Newsday Interview with Rachael Ray

I was cleaning out the ERR archives and ran across this Newsday story that I never shared. Rachael was on a book tour promoting was is quickly becoming on of my favorite cookbooks: Yum-o! The Family Cookbook. As you may recall, the proceeds from the sale of that book went to Ray's Yum-o! nonprofit organization.

Here are a few highlights from the interview:

How is this book different from your other books?

The recipes are designed so that kids 10 and up can prepare them by themselves. Younger kids can help with some of the steps, too. And a lot of the recipes were submitted to the Yum-o! Web site by kids.

How do you make healthy food appealing to kids?

You have to ask yourself, "What do kids like to eat?" and then make that food cool and fun to eat, but with healthier choices. One of my most downloaded recipes is Buffalo chicken chili, which has all the flavors you would get with greasy Buffalo wings, but it's made with lean ground chicken instead of deep-fried wings.

Or, with mac and cheese, you swap in whole-wheat pasta for regular, and instead of milk and cream use milk and chicken stock. Instead of processed cheese, you use a sharper-flavored cheese and use less of it.

What about no-fat cheese?

I'm not somebody who tries to use reduced-fat cheese or low-fat cream or nonfat products. They are usually made with fillers, so you end up swapping one not-so-great thing for another.

How do you encourage kids to eat vegetables?

I believe that all things are fair in getting kids to eat vegetables. If they won't eat it, I say, hide it - hide it under cheese, put it in a tortilla wrap.

But the greatest trick is to get kids into the kitchen to cook. Once they become invested in the meal and see that it is going to please the whole family, there is a real sense of pride and they will want to eat what they cooked.

Who are the children in the books' photographs?

They are the kids of my friends and co-workers. Everybody in the book is part of the extended family.
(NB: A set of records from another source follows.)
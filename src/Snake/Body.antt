-- ===== src/Snake/Body.antt =====
-- The cells of the snake, and what `pop` leaves of them (src/snake.rs).
use veil_os.Snake.{Cell, start_body, cols, rows, same_cell, contains, pop}
use veil_os.Base.{
  suc, ◌≤◌, ◌<◌, ◌≡◌, refl, ap, Bool, true, false, ◌||◌, List, [], ◌∷◌, arith, length,
}

unfoldable pub InGrid : List Cell → Type 0
InGrid [] = 0 ≤ 0
InGrid ((x, y) ∷ body) = (x < cols) × (y < rows) × InGrid body

unfoldable pub Distinct : List Cell → Type 0
Distinct [] = 0 ≤ 0
Distinct (c ∷ body) = (contains body c ≡ false) × Distinct body

pub start_InGrid : InGrid start_body
unfolding InGrid
start_InGrid =
    (omega arith, omega arith, (omega arith, omega arith, (omega arith, omega arith, omega arith)))

pub start_Distinct : Distinct start_body
unfolding Distinct contains same_cell
start_Distinct = (refl, (refl, (refl, omega arith)))

pub InGrid-pop : (body : List Cell) → InGrid body → InGrid (pop body)
unfolding InGrid pop
InGrid-pop [] s = s
InGrid-pop (c ∷ []) s = omega arith
InGrid-pop ((x, y) ∷ d ∷ body) (sx, sy, s) = (sx, sy, InGrid-pop (d ∷ body) s)

or_false : (a b : Bool) → (a || b) ≡ false → (a ≡ false) × (b ≡ false)
or_false true b e = absurd (cc)
or_false false b e = (refl, e)

pub contains-pop :
    (body : List Cell) (c : Cell) → contains body c ≡ false → contains (pop body) c ≡ false
unfolding contains pop
contains-pop [] c e = e
contains-pop (d ∷ []) c e = refl
contains-pop (d ∷ d' ∷ body) c e =
    let (here, later) = or_false (same_cell d c) (contains (d' ∷ body) c) e in
    rw here (contains-pop (d' ∷ body) c later)

pub Distinct-pop : (body : List Cell) → Distinct body → Distinct (pop body)
unfolding Distinct pop
Distinct-pop [] s = s
Distinct-pop (c ∷ []) s = omega arith
Distinct-pop (c ∷ d ∷ body) (once, s) = (contains-pop (d ∷ body) c once, Distinct-pop (d ∷ body) s)

pub length-pop : (c : Cell) (body : List Cell) → length (pop (c ∷ body)) ≡ length body
unfolding pop
length-pop c [] = refl
length-pop c (d ∷ body) = ap suc (length-pop d body)
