-- ===== src/Snake/Food.antt =====
-- The search for a free cell (src/snake.rs).
use veil_os.Snake.{SnakeState, cols, rows, contains, rand, place_food}
use veil_os.Base.{ℕ, zero, suc, ◌%◌, ◌<◌, ◌≡◌, refl, true, none, arith}

-- When the snake is on every cell of the grid, place_food places nothing in any number of rounds,
-- whatever the generator draws.
pub place_food-none :
    (fuel : ℕ) (st : SnakeState)
    → ((x y : ℕ) → x < cols → y < rows → contains st.body (x, y) ≡ true)
    → place_food fuel st ≡ none
unfolding place_food
place_food-none zero st full = refl
place_food-none (suc fuel) st full =
    let r1 = rand st.rng in
    let r2 = rand r1 in
    rw (full (r1 % cols) (r2 % rows) (omega arith) (omega arith))
      (place_food-none fuel (record st { rng = r2 }) full)
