-- ===== src/Snake/Play.antt =====
-- What the rules of Snake keep (src/snake.rs).
use veil_os.Snake.{
  Cell, SnakeState, cols, rows, new, same_cell, contains, rand, place_food, restart, add32,
  is_within, turn, negate, game_over, move_to, next_head, is_free, advance_from, advance, key, tick,
}
use veil_os.Base.{◌>>=◌}
use veil_os.Snake.Body.{
  InGrid, Distinct, start_InGrid, start_Distinct, InGrid-pop, Distinct-pop, length-pop,
}
use veil_os.Base.{
  ℕ, zero, suc, ◌+◌, ◌%◌, ◌^◌, ◌≤◌, ◌<◌, ◌≡◌, refl, sym, ap, ◌∙◌, inl, inr, Bool, true, false, not,
  ◌&&◌, ◌||◌, List, [], ◌∷◌, Option, none, some, arith, ltb, ◌==◌, if◌then◌else◌, Bool-cases,
  some_inj, length,
}

-- The snake is in the grid, on no cell twice, and as long as the score says; the high score of a
-- game that is over is at least its score.
pub record IsValid (st : SnakeState) : Type 0 where
  pub in_grid : InGrid st.body
  pub distinct : Distinct st.body
  pub counted : length st.body % 2 ^ 32 ≡ (st.score + 3) % 2 ^ 32
  pub recorded : st.over ≡ true → st.score ≤ st.high

pub new-IsValid : (high ticks : ℕ) → IsValid (new high ticks)
unfolding new
new-IsValid high ticks = record {
  in_grid = start_InGrid;
  distinct = start_Distinct;
  counted = refl;
  recorded = λ over. absurd (cc);
}

record Placed (st st' : SnakeState) : Type 0 where
  same_body : st'.body ≡ st.body
  same_score : st'.score ≡ st.score
  same_high : st'.high ≡ st.high
  same_over : st'.over ≡ st.over

place_food-Placed :
    (fuel : ℕ) (st : SnakeState) {st' : SnakeState} → place_food fuel st ≡ some st' → Placed st st'
unfolding place_food
place_food-Placed zero st e = absurd (cc)
place_food-Placed (suc fuel) st {st'} e =
    let r1 = rand st.rng in
    let r2 = rand r1 in
    elim (Bool-cases (not (contains st.body (r1 % cols, r2 % rows)))) [
      | inl free ↦
          let same = some_inj (rw free at e) in
          record {
            same_body = ap (λ s. s.body) (sym same);
            same_score = ap (λ s. s.score) (sym same);
            same_high = ap (λ s. s.high) (sym same);
            same_over = ap (λ s. s.over) (sym same);
          }
      | inr taken ↦
          let later = place_food-Placed fuel (record st { rng = r2 }) (rw taken at e) in
          record {
            same_body = later.same_body;
            same_score = later.same_score;
            same_high = later.same_high;
            same_over = later.same_over;
          }
    ]

Placed-IsValid : (st st' : SnakeState) → Placed st st' → IsValid st → IsValid st'
Placed-IsValid st st' p v = record {
  in_grid = rw p.same_body v.in_grid;
  distinct = rw p.same_body v.distinct;
  counted = rw (p.same_body, p.same_score) v.counted;
  recorded = rw (p.same_over, p.same_score, p.same_high) v.recorded;
}

is_free_lem :
    (st : SnakeState) (x y : ℕ)
    → is_free st (x, y) ≡ true
    → (x < cols) × (y < rows) × (contains st.body (x, y) ≡ false)
unfolding is_free is_within
is_free_lem st x y e = elim (Bool-cases (contains st.body (x, y))) [
  | inl taken ↦ let impossible = rw taken at e in absurd (ground arith)
  | inr free ↦ (ground arith, ground arith, free)
]

move_to-IsValid :
    (fuel : ℕ) (st : SnakeState) (nh : Cell) {st' : SnakeState}
    → IsValid st
    → is_free st nh ≡ true
    → st.over ≡ false
    → move_to fuel st nh ≡ some st'
    → IsValid st'
unfolding move_to add32
move_to-IsValid fuel st (x, y) {st'} v free going e =
    let (sx, sy, once) = is_free_lem st x y free in
    elim (Bool-cases (same_cell (x, y) st.food)) [
      | inl eaten ↦
          Placed-IsValid (record st { body = (x, y) ∷ st.body; score = (st.score + 1) % 2 ^ 32 })
            st' (place_food-Placed fuel _ (rw eaten at e))
            (record {
              in_grid = unfold InGrid in (sx, sy, v.in_grid);
              distinct = unfold Distinct in (once, v.distinct);
              counted = omega (arith, v.counted);
              recorded = λ over. absurd (cc);
            })
      | inr hungry ↦ rw (sym (some_inj (rw hungry at e))) (record {
        in_grid = InGrid-pop ((x, y) ∷ st.body) (unfold InGrid in (sx, sy, v.in_grid));
        distinct = Distinct-pop ((x, y) ∷ st.body) (unfold Distinct in (once, v.distinct));
        counted = ap (λ n. n % 2 ^ 32) (length-pop (x, y) st.body) ∙ v.counted;
        recorded = λ over. absurd (cc);
      })
    ]

turn-IsValid : (st : SnakeState) → IsValid st → IsValid (turn st) × ((turn st).over ≡ st.over)
unfolding turn
turn-IsValid st v =
    let (dx, dy) = st.dir in
    elim (Bool-cases (not (same_cell st.pending (negate dx, negate dy)))) [
      | inl turns ↦ rw turns (
        record {
          in_grid = v.in_grid;
          distinct = v.distinct;
          counted = v.counted;
          recorded = v.recorded;
        },
        refl,
      )
      | inr back ↦ rw back (v, refl)
    ]

game_over-IsValid : (st : SnakeState) → IsValid st → IsValid (game_over st)
unfolding game_over
game_over-IsValid st v = elim (Bool-cases (ltb st.high st.score)) [
  | inl better ↦ rw better (record {
    in_grid = v.in_grid;
    distinct = v.distinct;
    counted = v.counted;
    recorded = λ over. omega arith;
  })
  | inr worse ↦ rw worse (record {
    in_grid = v.in_grid;
    distinct = v.distinct;
    counted = v.counted;
    recorded = λ over. ground arith;
  })
]

advance_from-IsValid :
    (fuel : ℕ) (st : SnakeState) (body : List Cell) {st' : SnakeState}
    → IsValid st
    → st.over ≡ false
    → advance_from fuel st body ≡ some st'
    → IsValid st'
unfolding advance_from
advance_from-IsValid fuel st [] v going e = absurd (cc)
advance_from-IsValid fuel st (head ∷ tail) v going e =
    elim (Bool-cases (is_free st (next_head st head))) [
      | inl free ↦ move_to-IsValid fuel st (next_head st head) v free going (rw free at e)
      | inr hit ↦ rw (sym (some_inj (rw hit at e))) (game_over-IsValid st v)
    ]

pub advance-IsValid :
    (fuel : ℕ) (st : SnakeState) {st' : SnakeState}
    → IsValid st
    → advance fuel st ≡ some st'
    → IsValid st'
unfolding advance
advance-IsValid fuel st v e = elim (Bool-cases st.over) [
  | inl over ↦
      let still =
        ap (λ b. if b then some st else advance_from fuel (turn st) (turn st).body) over in
      rw (sym (some_inj (sym still ∙ e))) v
  | inr going ↦
      let (turned, same) = turn-IsValid st v in
      let goes_on =
        ap (λ b. if b then some st else advance_from fuel (turn st) (turn st).body) going in
      advance_from-IsValid fuel (turn st) (turn st).body turned (same ∙ going) (sym goes_on ∙ e)
]

restart-IsValid :
    (fuel : ℕ) (st : SnakeState) {st' : SnakeState} → restart fuel st ≡ some st' → IsValid st'
unfolding restart
restart-IsValid fuel st {st'} e = Placed-IsValid _ st' (place_food-Placed fuel _ e) (record {
  in_grid = start_InGrid;
  distinct = start_Distinct;
  counted = refl;
  recorded = λ over. absurd (cc);
})

-- The state that a bind gives, when the whole gives one.
bind-some :
    (o : Option SnakeState) (taken : Bool) {w : SnakeState × Bool}
    → (o >>= λ st. some (st, taken)) ≡ some w
    → o ≡ some w.0
bind-some none taken e = absurd (cc)
bind-some (some st) taken e = ap (λ w. some w.0) (some_inj e)

-- A key, or a tick of the clock.
pub data Event : Type 0 where
  pressed : ℕ → Event
  ticked : ℕ → Event

unfoldable pub respond : ℕ → SnakeState → Event → Option (SnakeState × Bool)
respond fuel st (pressed code) = key fuel st code
respond fuel st (ticked now) = tick fuel st now

pending_only :
    (st : SnakeState) (d : Cell) {w : SnakeState × Bool}
    → IsValid st
    → ◌≡◌ {A = Option (SnakeState × Bool)} (some (record st { pending = d }, true)) (some w)
    → IsValid w.0
pending_only st d v e = rw (sym (ap (λ p. p.0) (some_inj e))) (record {
  in_grid = v.in_grid;
  distinct = v.distinct;
  counted = v.counted;
  recorded = v.recorded;
})

key-IsValid :
    (fuel : ℕ) (st : SnakeState) (code : ℕ) {w : SnakeState × Bool}
    → IsValid st
    → key fuel st code ≡ some w
    → IsValid w.0
unfolding key
key-IsValid fuel st code v e = elim (Bool-cases (code == 105 || code == 30)) [
  | inl left ↦ pending_only st _ v (rw left at e)
  | inr k1 ↦ elim (Bool-cases (code == 106 || code == 32)) [
    | inl right ↦ pending_only st _ v (rw (k1, right) at e)
    | inr k2 ↦ elim (Bool-cases (code == 103 || code == 17)) [
      | inl up ↦ pending_only st _ v (rw (k1, k2, up) at e)
      | inr k3 ↦ elim (Bool-cases (code == 108 || code == 31)) [
        | inl down ↦ pending_only st _ v (rw (k1, k2, k3, down) at e)
        | inr k4 ↦ elim (Bool-cases ((code == 19) && st.over)) [
          | inl again ↦
              restart-IsValid fuel st
                (bind-some (restart fuel st) true (rw (k1, k2, k3, k4, again) at e))
          | inr other ↦ rw (sym (ap (λ p. p.0) (some_inj (rw (k1, k2, k3, k4, other) at e)))) v
        ]
      ]
    ]
  ]
]

tick-IsValid :
    (fuel : ℕ) (st : SnakeState) (now : ℕ) {w : SnakeState × Bool}
    → IsValid st
    → tick fuel st now ≡ some w
    → IsValid w.0
unfolding tick
tick-IsValid fuel st now v e = elim (Bool-cases (st.over || ltb now st.next_tick)) [
  | inl waits ↦ rw (sym (ap (λ p. p.0) (some_inj (rw waits at e)))) v
  | inr goes ↦
      let next = record st { next_tick = (now + 7) % 2 ^ 64 } in
      advance-IsValid fuel next
        (record {
          in_grid = v.in_grid;
          distinct = v.distinct;
          counted = v.counted;
          recorded = v.recorded;
        })
        (bind-some (advance fuel next) true (rw goes at e))
]

-- A key or a tick of the clock that ends keeps the game valid: every cell of the snake is in the
-- grid, no cell is on it twice, its length is the score and three modulo 2^32, and when the game
-- is over the high score is at least the score.
pub respond-IsValid :
    (fuel : ℕ) (st : SnakeState) (event : Event) {w : SnakeState × Bool}
    → IsValid st
    → respond fuel st event ≡ some w
    → IsValid w.0
unfolding respond
respond-IsValid fuel st (pressed code) v e = key-IsValid fuel st code v e
respond-IsValid fuel st (ticked now) v e = tick-IsValid fuel st now v e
Where do you draw your inspiration from?

What I write is always based on what people are asking me to write. I consider myself a waitress. I grew up in the service industry, and I am just bringing the customers what they want. I look at what they are downloading from the Web site or what they tell me when they see me in the grocery store.

When they see you in the grocery store?

People don't treat me with any celebrity. When they see me in the grocery store, they ask me what aisle to look in to find something, they tell me what their kids are eating.